Dataset entries:
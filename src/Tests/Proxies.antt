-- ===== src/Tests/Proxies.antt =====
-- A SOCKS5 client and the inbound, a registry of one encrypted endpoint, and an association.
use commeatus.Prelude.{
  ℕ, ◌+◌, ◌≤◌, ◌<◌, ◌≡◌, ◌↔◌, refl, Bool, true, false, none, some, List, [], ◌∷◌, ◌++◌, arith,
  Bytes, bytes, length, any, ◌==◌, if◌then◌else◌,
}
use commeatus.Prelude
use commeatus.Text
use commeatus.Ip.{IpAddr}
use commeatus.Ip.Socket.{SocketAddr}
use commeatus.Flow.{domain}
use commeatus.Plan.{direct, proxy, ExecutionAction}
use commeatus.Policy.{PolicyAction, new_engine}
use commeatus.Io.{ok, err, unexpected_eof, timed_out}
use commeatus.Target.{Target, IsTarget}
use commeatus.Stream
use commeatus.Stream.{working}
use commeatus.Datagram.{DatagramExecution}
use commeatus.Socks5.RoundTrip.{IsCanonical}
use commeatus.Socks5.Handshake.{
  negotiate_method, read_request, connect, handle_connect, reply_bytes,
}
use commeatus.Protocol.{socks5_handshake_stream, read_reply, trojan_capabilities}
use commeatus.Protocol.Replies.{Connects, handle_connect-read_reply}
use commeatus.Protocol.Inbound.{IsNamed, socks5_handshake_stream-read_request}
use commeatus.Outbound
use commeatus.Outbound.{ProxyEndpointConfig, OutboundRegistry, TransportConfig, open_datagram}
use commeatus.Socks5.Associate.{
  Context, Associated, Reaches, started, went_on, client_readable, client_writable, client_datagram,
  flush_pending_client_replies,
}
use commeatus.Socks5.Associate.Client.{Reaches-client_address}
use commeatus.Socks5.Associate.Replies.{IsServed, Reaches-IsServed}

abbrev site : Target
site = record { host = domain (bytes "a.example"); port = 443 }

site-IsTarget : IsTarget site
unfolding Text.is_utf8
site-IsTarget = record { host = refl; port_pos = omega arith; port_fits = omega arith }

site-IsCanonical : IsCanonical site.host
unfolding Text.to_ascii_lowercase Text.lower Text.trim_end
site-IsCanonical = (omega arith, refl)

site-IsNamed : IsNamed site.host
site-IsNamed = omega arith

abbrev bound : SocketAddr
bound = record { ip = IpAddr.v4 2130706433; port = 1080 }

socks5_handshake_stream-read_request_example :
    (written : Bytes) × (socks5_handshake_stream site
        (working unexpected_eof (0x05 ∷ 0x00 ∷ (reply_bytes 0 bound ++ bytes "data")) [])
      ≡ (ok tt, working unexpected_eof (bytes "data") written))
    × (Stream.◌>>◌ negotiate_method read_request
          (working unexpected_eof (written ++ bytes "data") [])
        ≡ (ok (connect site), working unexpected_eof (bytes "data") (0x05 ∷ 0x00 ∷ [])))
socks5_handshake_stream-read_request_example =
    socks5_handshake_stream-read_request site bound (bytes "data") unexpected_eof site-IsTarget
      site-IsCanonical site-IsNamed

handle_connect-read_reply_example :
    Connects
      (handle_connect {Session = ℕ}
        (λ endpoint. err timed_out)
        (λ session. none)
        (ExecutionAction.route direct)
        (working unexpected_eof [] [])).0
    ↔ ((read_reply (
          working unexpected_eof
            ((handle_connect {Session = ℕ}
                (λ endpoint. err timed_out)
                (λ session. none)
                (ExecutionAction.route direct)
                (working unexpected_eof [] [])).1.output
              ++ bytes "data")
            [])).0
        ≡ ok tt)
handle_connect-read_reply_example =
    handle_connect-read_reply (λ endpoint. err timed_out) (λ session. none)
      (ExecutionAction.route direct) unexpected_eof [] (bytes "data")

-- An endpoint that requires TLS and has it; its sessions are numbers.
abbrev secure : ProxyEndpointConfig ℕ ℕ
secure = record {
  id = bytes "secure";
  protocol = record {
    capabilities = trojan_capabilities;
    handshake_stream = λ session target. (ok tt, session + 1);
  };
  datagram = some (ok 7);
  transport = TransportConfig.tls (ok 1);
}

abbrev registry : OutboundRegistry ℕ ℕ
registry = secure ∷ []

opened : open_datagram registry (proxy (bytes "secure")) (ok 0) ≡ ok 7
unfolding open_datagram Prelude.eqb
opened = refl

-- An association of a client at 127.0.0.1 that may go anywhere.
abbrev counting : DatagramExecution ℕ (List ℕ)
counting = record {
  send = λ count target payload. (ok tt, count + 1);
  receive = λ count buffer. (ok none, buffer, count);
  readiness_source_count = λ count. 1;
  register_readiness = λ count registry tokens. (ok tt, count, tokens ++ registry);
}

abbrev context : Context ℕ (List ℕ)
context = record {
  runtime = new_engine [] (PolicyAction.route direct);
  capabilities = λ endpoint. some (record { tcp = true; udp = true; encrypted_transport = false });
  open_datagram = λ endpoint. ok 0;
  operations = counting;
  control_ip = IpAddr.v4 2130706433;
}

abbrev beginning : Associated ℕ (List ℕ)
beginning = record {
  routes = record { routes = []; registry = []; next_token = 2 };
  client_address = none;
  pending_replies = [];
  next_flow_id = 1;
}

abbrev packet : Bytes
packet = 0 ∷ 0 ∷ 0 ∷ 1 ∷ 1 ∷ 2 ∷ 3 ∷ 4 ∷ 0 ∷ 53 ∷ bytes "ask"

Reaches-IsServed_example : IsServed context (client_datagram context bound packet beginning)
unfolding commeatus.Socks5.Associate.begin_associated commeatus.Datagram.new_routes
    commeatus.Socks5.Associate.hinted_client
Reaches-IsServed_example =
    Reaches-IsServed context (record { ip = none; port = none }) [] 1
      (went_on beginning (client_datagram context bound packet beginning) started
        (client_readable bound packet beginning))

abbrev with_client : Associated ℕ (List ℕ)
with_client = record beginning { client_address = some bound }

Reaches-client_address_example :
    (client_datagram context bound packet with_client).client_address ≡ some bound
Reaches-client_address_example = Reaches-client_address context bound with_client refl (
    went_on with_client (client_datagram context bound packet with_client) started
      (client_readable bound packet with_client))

▶ _Exercise objective_:
Give back the records above exactly, limited to the lines between the one holding "register_readiness = λ" and the one holding "abbrev beginning : Associated ℕ (List ℕ)", inclusive.

▶ _Exercise answer_:
  register_readiness = λ count registry tokens. (ok tt, count, tokens ++ registry);
}

abbrev context : Context ℕ (List ℕ)
context = record {
  runtime = new_engine [] (PolicyAction.route direct);
  capabilities = λ endpoint. some (record { tcp = true; udp = true; encrypted_transport = false });
  open_datagram = λ endpoint. ok 0;
  operations = counting;
  control_ip = IpAddr.v4 2130706433;
}

abbrev beginning : Associated ℕ (List ℕ)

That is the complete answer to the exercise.